No. of animals per sex per dose:
30 animals (5 male; 5 female)/dose; 10/timepoint
Positive control(s):
cyclophosphamide;

- Route of administration: intraperitoneal injection
- Doses / concentrations:40 mg/kg using water as the carrier

Examinations

Tissues and cell types examined:
Bone marrows were collected and extracted, smear preparations made and stained. Polychromatic erythrocytes (PCE) and normochromatic erythrocytes (NCE) were scored for each animal.
Details of tissue and slide preparation:
CRITERIA FOR DOSE SELECTION: Range finding study was performed using 5.0, 2.5, and 1.0 gram of test material per kg of body weight. Two males and two females were used for each dose group. All animals survived and were sacrificed 24 hours after dosing. bome marrow was removed and slides were prepared. Slides were evaluated for percent of polychromatic erythrocytes in 1000 erythrocytes and for number of micronucleated polychromatic erythrocytes per 1000 polychromatic erythrocytes.

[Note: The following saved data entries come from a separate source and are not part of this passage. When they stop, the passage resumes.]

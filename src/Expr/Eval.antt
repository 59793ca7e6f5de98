-- ===== src/Expr/Eval.antt =====
-- `check_parentheses` and `eval`. The tokens `tokens[p..q]` are a list: `p > q` is the empty list, and
-- `p == q` a list of one.
pub mod Grammar
pub mod Brackets
pub mod MainOp
pub mod Correct
pub mod Total
use nju_ics2020_pa.Base.{
  ℕ, zero, suc, ◌+◌, ◌-◌, ◌*◌, ◌/◌, ◌%◌, ◌^◌, Bool, true, false, ◌&&◌, ◌||◌, not, List, [], ◌∷◌,
  ◌++◌, ltb, leb, ◌==◌, if◌then◌else◌, Result, ok, stop, assertion, undefined, out_of_fuel, ◌>>=◌,
  ◌>>◌, assert, defined, of_option, length, take, drop, Option, none, some,
}
use nju_ics2020_pa.Base.CString.{strtol, to_u32}
use nju_ics2020_pa.Expr.Token.{
  TokenType, tk_notype, tk_plus, tk_sub, tk_mux, tk_div, tk_lbrkt, tk_rbrkt, tk_eq, tk_neq, tk_and,
  tk_reg, tk_deref, tk_num, tk_hex_num, tk_invaild, Token, token_is_vaild_op, same_type,
  priority_is_higher,
}

-- What an expression reads of the machine: `isa_reg_str2val`, with `none` for a name that is no
-- register, and the word at `guest_to_host(addr)`.
pub record Env : Type 0 where
  pub reg_str2val : List ℕ → Option ℕ
  pub host_word : ℕ → Result ℕ

-- The loop over the tokens inside, with `top` brackets open.
pub bracket_loop : ℕ → List Token → Bool
bracket_loop top [] = top == 0
bracket_loop top (t ∷ ts) =
    let open_ = bracket_loop (suc top) ts in
    let close = bracket_loop (top - 1) ts in
    let other = bracket_loop top ts in
    if same_type t.type tk_lbrkt
    then open_
    else if same_type t.type tk_rbrkt
    then (if top == 0 then false else close)
    else other

abbrev pub first_type : List Token → TokenType
first_type [] = tk_invaild
first_type (t ∷ ts) = t.type

abbrev pub last_type : List Token → TokenType
last_type [] = tk_invaild
last_type (t ∷ []) = t.type
last_type (t ∷ u ∷ ts) = last_type (u ∷ ts)

-- The tokens between the first and the last.
abbrev pub inside : List Token → List Token
inside ts = take (length ts - 2) (drop 1 ts)

pub check_parentheses : List Token → Result Bool
check_parentheses ts = do
  assert (leb 3 (length ts))
  ok (
      if not (same_type (first_type ts) tk_lbrkt) && not (same_type (last_type ts) tk_rbrkt)
      then false
      else bracket_loop 0 (inside ts))

-- The state of the search for the main operator: brackets to be opened, and the position and type of
-- the best operator so far.
pub record Scan : Type 0 where
  pub need_brkt : ℕ
  pub main_op : Option (ℕ × TokenType)

-- One round, at the token of type `t` and position `i`.
pub scan_step : ℕ → TokenType → Scan → Result Scan
scan_step i t s =
    if not (token_is_vaild_op t)
    then ok s
    else if same_type t tk_rbrkt
    then ok (record s { need_brkt = s.need_brkt + 1 })
    else if not (s.need_brkt == 0)
    then ok (if same_type t tk_lbrkt then record s { need_brkt = s.need_brkt - 1 } else s)
    else elim s.main_op [
      | none ↦ ok (record s { main_op = some (i, t) })
      | some (k, op) ↦ do
        higher ← priority_is_higher op t
        ok (if higher then record s { main_op = some (i, t) } else s)
    ]

-- The loop from the last token to the first, where `i` is the position of the first.
pub scan : ℕ → List Token → Result Scan
scan i [] = ok (record { need_brkt = 0; main_op = none })
scan i (t ∷ ts) = do s ← scan (suc i) ts; scan_step i t.type s

pub apply_op : TokenType → ℕ → ℕ → Result ℕ
apply_op tk_plus a b = ok ((a + b) % 2 ^ 32)
apply_op tk_sub a b = ok ((a + 2 ^ 32 - b) % 2 ^ 32)
apply_op tk_mux a b = ok (a * b % 2 ^ 32)
apply_op tk_div a b = assert (not (b == 0)) >> ok (a / b)
apply_op tk_eq a b = ok (if a == b then 1 else 0)
apply_op tk_neq a b = ok (if a == b then 0 else 1)
apply_op tk_and a b = ok (if not (a == 0) && not (b == 0) then 1 else 0)
apply_op _ a b = stop assertion

-- The cases of two tokens or more, where `rec` is `eval` itself.
pub eval_many : (List Token → Result ℕ) → List Token → Result ℕ
eval_many rec ts = do
  surrounded ← check_parentheses ts
  elim surrounded [
    | true ↦ rec (inside ts)
    | false ↦ do
      s ← scan 0 ts
      (pos, op) ← of_option assertion s.main_op
      val1 ← rec (take pos ts)
      val2 ← rec (drop (suc pos) ts)
      apply_op op val1 val2
  ]

module _ (env : Env) where
  abbrev pub atom_value : TokenType → List ℕ → Result ℕ
  atom_value tk_num s = ok (to_u32 (strtol 10 s))
  atom_value tk_hex_num s = ok (to_u32 (strtol 16 s))
  atom_value tk_reg s = of_option assertion (env.reg_str2val s)
  atom_value tk_deref s = env.host_word (to_u32 (strtol 16 s))
  atom_value _ s = stop assertion

  -- The case of one token. `strcpy` into `char str[32]` wants a string of at most 31 characters.
  unfoldable pub eval_atom : Token → Result ℕ
  eval_atom t = defined (ltb (length t.str) 32) >> atom_value t.type t.str

  -- Each call is on fewer tokens than the one above it.
  pub eval : ℕ → List Token → Result ℕ
  eval zero ts = stop out_of_fuel
  eval (suc fuel) [] = stop assertion
  eval (suc fuel) (t ∷ []) = eval_atom t
  eval (suc fuel) (t ∷ u ∷ ts) = eval_many (eval fuel) (t ∷ u ∷ ts)
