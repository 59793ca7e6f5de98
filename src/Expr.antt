-- ===== src/Expr.antt =====
-- nemu/src/monitor/debug/expr.c: tokens, evaluation, and `expr`.
pub mod Token
pub mod Lexer
pub mod Eval
mod Tests
use mathlib.Core.List.{reverse}
use nju_ics2020_pa.Base.{ℕ, ◌+◌, Option, none, some, List, Result, ok, ◌>>=◌, length}
use nju_ics2020_pa.Expr.Lexer.{make_token}
use nju_ics2020_pa.Expr.Eval.{Env, eval}

-- `expr(e, &success)`: `ok none` is `*success = false`.
unfoldable pub expr : Env → List ℕ → Result (Option ℕ)
expr env e = do
  lexed ← make_token e
  elim lexed [
    | none ↦ ok none
    | some tokens ↦ do v ← eval env (length tokens + 1) (reverse tokens); ok (some v)
  ]
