-- ===== src/Expr/Eval/Grammar.antt =====
-- What the evaluator is to compute: expressions as trees, their tokens and their values.
use nju_ics2020_pa.Base.{
  ℕ, zero, suc, ◌+◌, ◌≤◌, ◌<◌, ◌≡◌, refl, true, false, List, [], ◌∷◌, ◌++◌, Result, ◌>>=◌, length,
  arith, length-append, assertion, stop, ok, if◌then◌else◌, ◌==◌, not, ◌%◌, ◌*◌, ◌/◌, ◌^◌, ◌-◌,
  ◌&&◌,
}
use nju_ics2020_pa.Expr.Token.{
  TokenType, tk_plus, tk_sub, tk_mux, tk_div, tk_lbrkt, tk_rbrkt, tk_eq, tk_neq, tk_and, Token,
  get_precedence, token_is_vaild_op,
}
use nju_ics2020_pa.Expr.Eval.{Env, eval_atom}

pub data BinOp : Type 0 where
  plus sub mux div eq neq and : BinOp

abbrev pub op_type : BinOp → TokenType
op_type plus = tk_plus
op_type sub = tk_sub
op_type mux = tk_mux
op_type div = tk_div
op_type eq = tk_eq
op_type neq = tk_neq
op_type and = tk_and

-- An operand is a token that is no operator.
pub data Ast : Type 0 where
  leaf : Token → Ast
  paren : Ast → Ast
  bin : BinOp → Ast → Ast → Ast

abbrev pub mark : TokenType → Token
mark t = record { type = t; str = [] }

unfoldable pub print : Ast → List Token
print (leaf t) = t ∷ []
print (paren e) = mark tk_lbrkt ∷ (print e ++ mark tk_rbrkt ∷ [])
print (bin o l r) = print l ++ mark (op_type o) ∷ print r

-- The levels of C for these operators, from the tightest: `* /`, then `+ -`, `== !=` and `&&`.
abbrev pub op_level : BinOp → ℕ
op_level mux = 1
op_level div = 1
op_level plus = 2
op_level sub = 2
op_level eq = 3
op_level neq = 3
op_level and = 4

abbrev pub level : Ast → ℕ
level (leaf t) = 0
level (paren e) = 0
level (bin o l r) = op_level o

-- The tree that C reads from its tokens: operators of one level group to the left.
abbrev pub IsParsed : Ast → Type 0
IsParsed (leaf t) = token_is_vaild_op t.type ≡ false
IsParsed (paren e) = IsParsed e
IsParsed (bin o l r) = (level l ≤ op_level o) × (level r < op_level o) × IsParsed l × IsParsed r

-- Arithmetic of `uint32_t`; division by zero is the program's assertion.
abbrev pub op_value : BinOp → ℕ → ℕ → Result ℕ
op_value plus a b = ok ((a + b) % 2 ^ 32)
op_value sub a b = ok ((a + 2 ^ 32 - b) % 2 ^ 32)
op_value mux a b = ok (a * b % 2 ^ 32)
op_value div a zero = stop assertion
op_value div a (suc b) = ok (a / suc b)
op_value eq a b = ok (if a == b then 1 else 0)
op_value neq a b = ok (if a == b then 0 else 1)
op_value and a b = ok (if not (a == 0) && not (b == 0) then 1 else 0)

unfoldable pub denote : Env → Ast → Result ℕ
denote env (leaf t) = eval_atom env t
denote env (paren e) = denote env e
denote env (bin o l r) = do a ← denote env l; b ← denote env r; op_value o a b

pub length-print_pos : (e : Ast) → 0 < length (print e)
unfolding print
length-print_pos (leaf t) = omega arith
length-print_pos (paren e) = omega arith
length-print_pos (bin o l r) = omega (arith, length-append (print l) (mark (op_type o) ∷ print r))

pub op_valid : (o : BinOp) → token_is_vaild_op (op_type o) ≡ true
op_valid plus = refl
op_valid sub = refl
op_valid mux = refl
op_valid div = refl
op_valid eq = refl
op_valid neq = refl
op_valid and = refl

-- The precedences of the table order the operators as the levels do.
pub precedence-op_level :
    (a b : BinOp)
    → op_level a ≤ op_level b
    → get_precedence (op_type a) ≤ get_precedence (op_type b)
precedence-op_level a b h = ground arith

pub precedence_lt :
    (a b : BinOp)
    → op_level a < op_level b
    → get_precedence (op_type a) < get_precedence (op_type b)
precedence_lt a b h = ground arith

DETAILS OF SLIDE PREPARATION: After sacrifice, both femurs were removed. The bone marrow was then removed and suspended in fetal bovine serum. After the suspension was centrifuged, the pellet was resuspended and smears were prepared (two slides per animal). Slides were labeled with blind coding. Slides were stained using acridine orange. 1000 polychromatic erythrocytes from each animal were examined for the presence of micronuclei, and the ratio of PCE’s to NCE’s determined


METHOD OF ANALYSIS: staining color, and circular appearance and a diameter between 1/20 and 1/5 of the cell's diameter


Statistics:
Statistical analysis included calculation of means and standard deviations of the micronuclei data and a test of equality of group means by a standard one way analysis of variance at each time period. When the ANOVA was significant, comparisons of carrier control to dosed group means were made according to Duncan’s Multiple Range Test. A standard regression analysis was performed to test for a dose response. Residuals from the ANOVA were analyzed for normality by Wilk’s Criterion. The residuals were normally distributed (values were greater than 0.01 level of significance) in more than 25% of the analyses. Therefore nonparametric analysis were not performed. Sexes were analyzed separately

Results and discussion

Test results
Sex:
male/female
Genotoxicity:
negative
Toxicity:
no effects
Vehicle controls validity:
valid
Negative controls validity:
not examined
Positive controls validity:
valid
Additional information on results:
No deaths or clinical signs of toxicity were observed in animals dosed with the test material up to the maximum recommended dose of 5g/kg

Applicant's summary and conclusion

Conclusions:
Interpretation of results: negative
The in vivo micronucleus assay of MRD-89-582 in mice was negative. This finding does not warrant the classification of the test material as a genotoxin under EU GHS guidelines and does not warrant classification under the EU requirements for dangerous substances and preparations.
Executive summary:

MRD-89-582 was examined for its potential to induce chromosomal damage in bone marrow erythrocytes in mice dosed by oral gavage at concentrations of 5.0,2.5, and 1.25 g/kg. Vehicle and positive control animals received corn oil and cyclophosphamide, respectively.  Bone marrow samples were collected and evaluated for micronucleus formation 24, 48 and 72 hours after dosing.  MRD-89-582 did not induce a statistically significant change in the PCE/NCE ratio in any of the test material dose groups when compared to their concurrent vehicle control groups. The positive control material (cyclophosphamide) produced a marked increase in the frequency of micronucleated PCE when compared to the concurrent vehicle control group The test material was considered to be non-genotoxic and non-clastogenic under the conditions of the test. This finding does not warrant the classification of the test material as a genotoxin under EU GHS guidelines and does not warrant classification under the EU requirements for dangerous substances and preparations guidelines.